Monday, September 8, 2014
About 75 percent of irrigated cropland in the U.S. is located in 17 western States based on the 2008 Farm and Ranch Irrigation Survey (the most recent available), conducted by USDA’s National Agricultural Statistics Service. While the amount of irrigated land in the West has increased by over 2 million acres since 1984, the amount of water applied has declined slightly as irrigation systems have shifted toward more efficient methods. In 1984, 71 percent of Western crop irrigation water was applied using gravity irrigation systems that tend to use water inefficiently. By 2008, operators used gravity systems to apply just 48 percent of water for crop production while pressure-sprinkler irrigation systems, which can apply water more efficiently, accounted for 51.5 percent of irrigation water use. In 2008, much of the acreage using pressure irrigation systems included drip, low-pressure sprinkler, or low-energy precision application systems. Improved pressure-sprinkler systems resulted in remarkably stable agricultural water use over the past 25 years, as fewer acre-feet were required to irrigate an increasing number of acres. This chart is found in Water Conservation in Irrigated Agriculture: Trends and Challenges in the Face of Emerging Demands, EIB-99, September 2012.
Friday, February 28, 2014
Drought is the leading single cause of production losses to crop farms, followed by excess moisture, hail, freezes, and heat.
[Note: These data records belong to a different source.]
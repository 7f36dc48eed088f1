-- ===== src/Bridge.antt =====
-- The commands of bridge.py, the plugin by which an operator decides gates in a chat. A command asks
-- the HTTP API twice, and other calls of the controller may come between. The texts of the answers are
-- kept as what they say. An answer of the server is one that api.py gives.
pub mod Shlex
pub mod Sent
pub mod Decided
pub mod Tests
use dvk_claude.Common.{
  ℕ, String, Option, none, some, List, [], ◌∷◌, ◌⊎◌, inl, inr, ◌==◌, ◌=?◌, ◌||◌, ltb, concat, codes,
  length, is_empty, strip, starts_with, keep, if◌then◌else◌,
}
use dvk_claude.Json.{Value, null, string, Fields, end, field}
use dvk_claude.Result.{Result, ok, err}
use dvk_claude.Controller.Schema.{Decision, approved, rejected, GateDecision, Db, Env}
use dvk_claude.Controller.Views.{PendingGate}
use dvk_claude.Controller.Machine.{Call, run}
use dvk_claude.Api.{Server, Request, Payload, gates, decided, Answer, replies, crashes, Outcome}
use dvk_claude.Api.Get.{do_get}
use dvk_claude.Api.Post.{do_post}
use dvk_claude.Worker.Client.{Fate, delivered, request_lost, reply_lost, Exchange}
use dvk_claude.Bridge.Shlex.{shlex_split, words}

abbrev pub default_actor : String
default_actor = "telegram-operator"

abbrev pub min_job_prefix : ℕ
min_job_prefix = 8

-- The two variables of the environment that matter.
pub record Settings : Type 0 where
  pub operator_token : Option String
  pub gate_actor : Option String

-- A BridgeError with the status and the body of a refusal, one without a status, and an exception that
-- no command catches: the connection is closed before a reply, or times out behind the request.
pub data Trouble : Type 0 where
  refused : ℕ → Payload → Trouble
  broken : String → Trouble
  escapes : Trouble

-- What is answered in the chat.
pub data Notice : Type 0 where
  usage : Notice
  invalid_usage : Notice
  not_listed : Trouble → Notice
  none_pending : Notice
  pending : List PendingGate → Notice
  changed : Notice
  not_authorized : Notice
  not_resolved : Trouble → Notice
  resolved : GateDecision → Notice
  resolved_otherwise : PendingGate → Notice
  raised : Notice

-- `_operator_token`
abbrev pub operator_token_of : Settings → Option String
operator_token_of settings = elim settings.operator_token [
  | none ↦ none
  | some t ↦ if is_empty t then none else some t
]

-- `_actor`
unfoldable pub actor : Settings → String
unfolding strip
actor settings = elim settings.gate_actor [
  | none ↦ default_actor
  | some a ↦ if is_empty (strip a) then default_actor else strip a
]

abbrev pub request_to : String → String → Request
request_to token path = record {
  path = path;
  authorization = some (concat "Bearer " token);
  worker_header = none;
}

abbrev pub reply_of : Answer → Trouble ⊎ Payload
reply_of (replies code shown) = if code =? 200 then inr shown else inl (refused code shown)
reply_of (crashes e) = inl escapes

-- What `_request` makes of an answer.
abbrev pub through : Fate → Answer → Trouble ⊎ Payload
through delivered a = reply_of a
through request_lost a = inl (broken "Controller unavailable")
through reply_lost a = inl escapes

abbrev no_token : Trouble
no_token = broken "HERMES_OPERATOR_TOKEN is not configured"

abbrev pub listed : Trouble ⊎ Payload → Trouble ⊎ List PendingGate
listed (inl t) = inl t
listed (inr (gates gs)) = inr gs
listed (inr p) = inl (broken "Controller returned an invalid pending-gates response")

-- `_select_gate`: exactly one of the listed gates must match.
abbrev pub only_gate : List PendingGate → Trouble ⊎ PendingGate
only_gate [] = inl (broken "no gate is pending for the job")
only_gate (g ∷ []) = inr g
only_gate (g ∷ h ∷ gs) = inl (broken "the prefix of the job is ambiguous")

abbrev pub matching : String → List PendingGate → List PendingGate
matching job_prefix = keep (λ g. starts_with g.job_id job_prefix)

unfoldable pub select_gate : String → List PendingGate → Trouble ⊎ PendingGate
unfolding keep
select_gate job_prefix gs =
    if ltb (length (codes job_prefix)) min_job_prefix
    then inl (broken "the prefix of the job is too short")
    else only_gate (matching job_prefix gs)

abbrev pub select_listed : String → Trouble ⊎ List PendingGate → Trouble ⊎ PendingGate
select_listed job_prefix (inl t) = inl t
select_listed job_prefix (inr gs) = select_gate job_prefix gs

-- `" ".join(parts)`
unfoldable pub spaced : List String → String
spaced [] = ""
spaced (s ∷ []) = s
spaced (s ∷ rest) = concat s (concat " " (spaced rest))

unfoldable pub note_of : List String → Value
unfolding spaced strip
note_of parts = let note = strip (spaced parts) in if is_empty note then null else string note

abbrev pub path_of : Decision → String
path_of approved = "/v1/gates/approve"
path_of rejected = "/v1/gates/reject"

abbrev pub action_of : String → Option Decision
action_of s =
    if s == "approve" then some approved else if s == "reject" then some rejected else none

-- What a command answers, and the database behind it.
pub record Handled : Type 0 where
  pub notice : Notice
  pub db : Db

abbrev pub handled : Notice → Db → Handled
handled notice db = record { notice = notice; db = db }

-- The handlers of exceptions in handle_gate.
abbrev pub trouble_notice : Trouble → Notice
trouble_notice escapes = raised
trouble_notice (broken m) = not_resolved (broken m)
trouble_notice (refused code shown) =
    if code =? 409
    then changed
    else if code =? 401
    then not_authorized
    else not_resolved (refused code shown)

abbrev pub answer_notice : PendingGate → Trouble ⊎ Payload → Notice
answer_notice g (inr (decided d)) = resolved d
answer_notice g (inr p) = resolved_otherwise g
answer_notice g (inl t) = trouble_notice t

abbrev pub body_of : Settings → PendingGate → List String → Fields
body_of settings g rest = field "job_id" (string g.job_id) (
    field "gate" (string g.gate) (
      field "source_run_id" (string g.source_run_id)
        (field "actor" (string (actor settings)) (field "note" (note_of rest) end))))

-- What comes back of the decision that is sent.
abbrev pub sent : Fate → PendingGate → Outcome → Db → Handled
sent delivered g o db = handled (answer_notice g (reply_of o.answer)) o.db
sent request_lost g o db = handled (trouble_notice (broken "Controller unavailable")) db
sent reply_lost g o db = handled raised o.db

module _ (srv : Server) (settings : Settings) where
  -- `pending_gates`
  unfoldable pub pending_gates : Exchange → Db → Trouble ⊎ List PendingGate
  unfolding do_get
  pending_gates x db = elim (operator_token_of settings) [
    | none ↦ inl no_token
    | some t ↦ listed (through x.fate (do_get x.first srv (request_to t "/v1/gates/pending") db))
  ]

  abbrev pub listing : Trouble ⊎ List PendingGate → Notice
  listing (inl escapes) = raised
  listing (inl t) = not_listed t
  listing (inr []) = none_pending
  listing (inr (g ∷ gs)) = pending (g ∷ gs)

  unfoldable pub handle_gates : Exchange → String → Db → Notice
  unfolding strip pending_gates
  handle_gates x raw_args db =
      if is_empty (strip raw_args) || strip raw_args == "list"
      then listing (pending_gates x db)
      else usage

  unfoldable pub decide_gate : Decision → List String → Exchange → PendingGate → Db → Handled
  unfolding do_post actor note_of
  decide_gate action rest y g db = elim (operator_token_of settings) [
    | none ↦ handled (trouble_notice no_token) db
    | some t ↦
        sent y.fate g
          (do_post y.first y.later srv (request_to t (path_of action)) (body_of settings g rest) db)
          db
  ]

  -- Behind the choice of a gate: `others` are the calls that come between the two requests.
  abbrev pub chosen :
      Decision → List String → Exchange → List (Env × Call) → Db → Trouble ⊎ PendingGate → Handled
  chosen action rest y others db (inl t) = handled (trouble_notice t) db
  chosen action rest y others db (inr g) = decide_gate action rest y g (run others db)

  unfoldable pub decide_parts : List String → Exchange → List (Env × Call) → Exchange → Db → Handled
  unfolding select_gate pending_gates decide_gate run
  decide_parts (a ∷ job_prefix ∷ rest) x others y db = elim (action_of a) [
    | none ↦ handled usage db
    | some action ↦ chosen action rest y others db (select_listed job_prefix (pending_gates x db))
  ]
  decide_parts parts x others y db = handled usage db

  abbrev pub parsed : Exchange → List (Env × Call) → Exchange → Db → Result (List String) → Handled
  parsed x others y db (err e) = handled invalid_usage db
  parsed x others y db (ok parts) = decide_parts parts x others y db

  -- `handle_gate`
  unfoldable pub handle_gate : Exchange → List (Env × Call) → Exchange → String → Db → Handled
  unfolding decide_parts words
  handle_gate x others y raw_args db = parsed x others y db (shlex_split raw_args)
Over the past four decades, a portion of the farm losses from all these weather-related causes have been covered by a combination of crop insurance and disaster assistance payments. Over this period, crop insurance has gradually grown in significance and is now a major component of the Federal safety net for crop farmers. The rise in total insurance indemnity payments is due to a combination of expanded enrollment in crop insurance, increased liabilities due to higher yields and commodity prices, and a series of major droughts in recent decades, capped by the 2012 drought. More than 80 percent of the acres of major field crops planted in the United States are now covered by Federal crop insurance, which can help to mitigate yield or revenue losses for covered farms. Droughts also have a major impact on livestock producers, principally through their effect on feed prices. (The accompanying chart does not include livestock-related assistance or pasture/rangeland indemnity payments.) This chart updates one found in The Role of Conservation Programs in Drought Risk Adaptation, ERR-148, April 2013.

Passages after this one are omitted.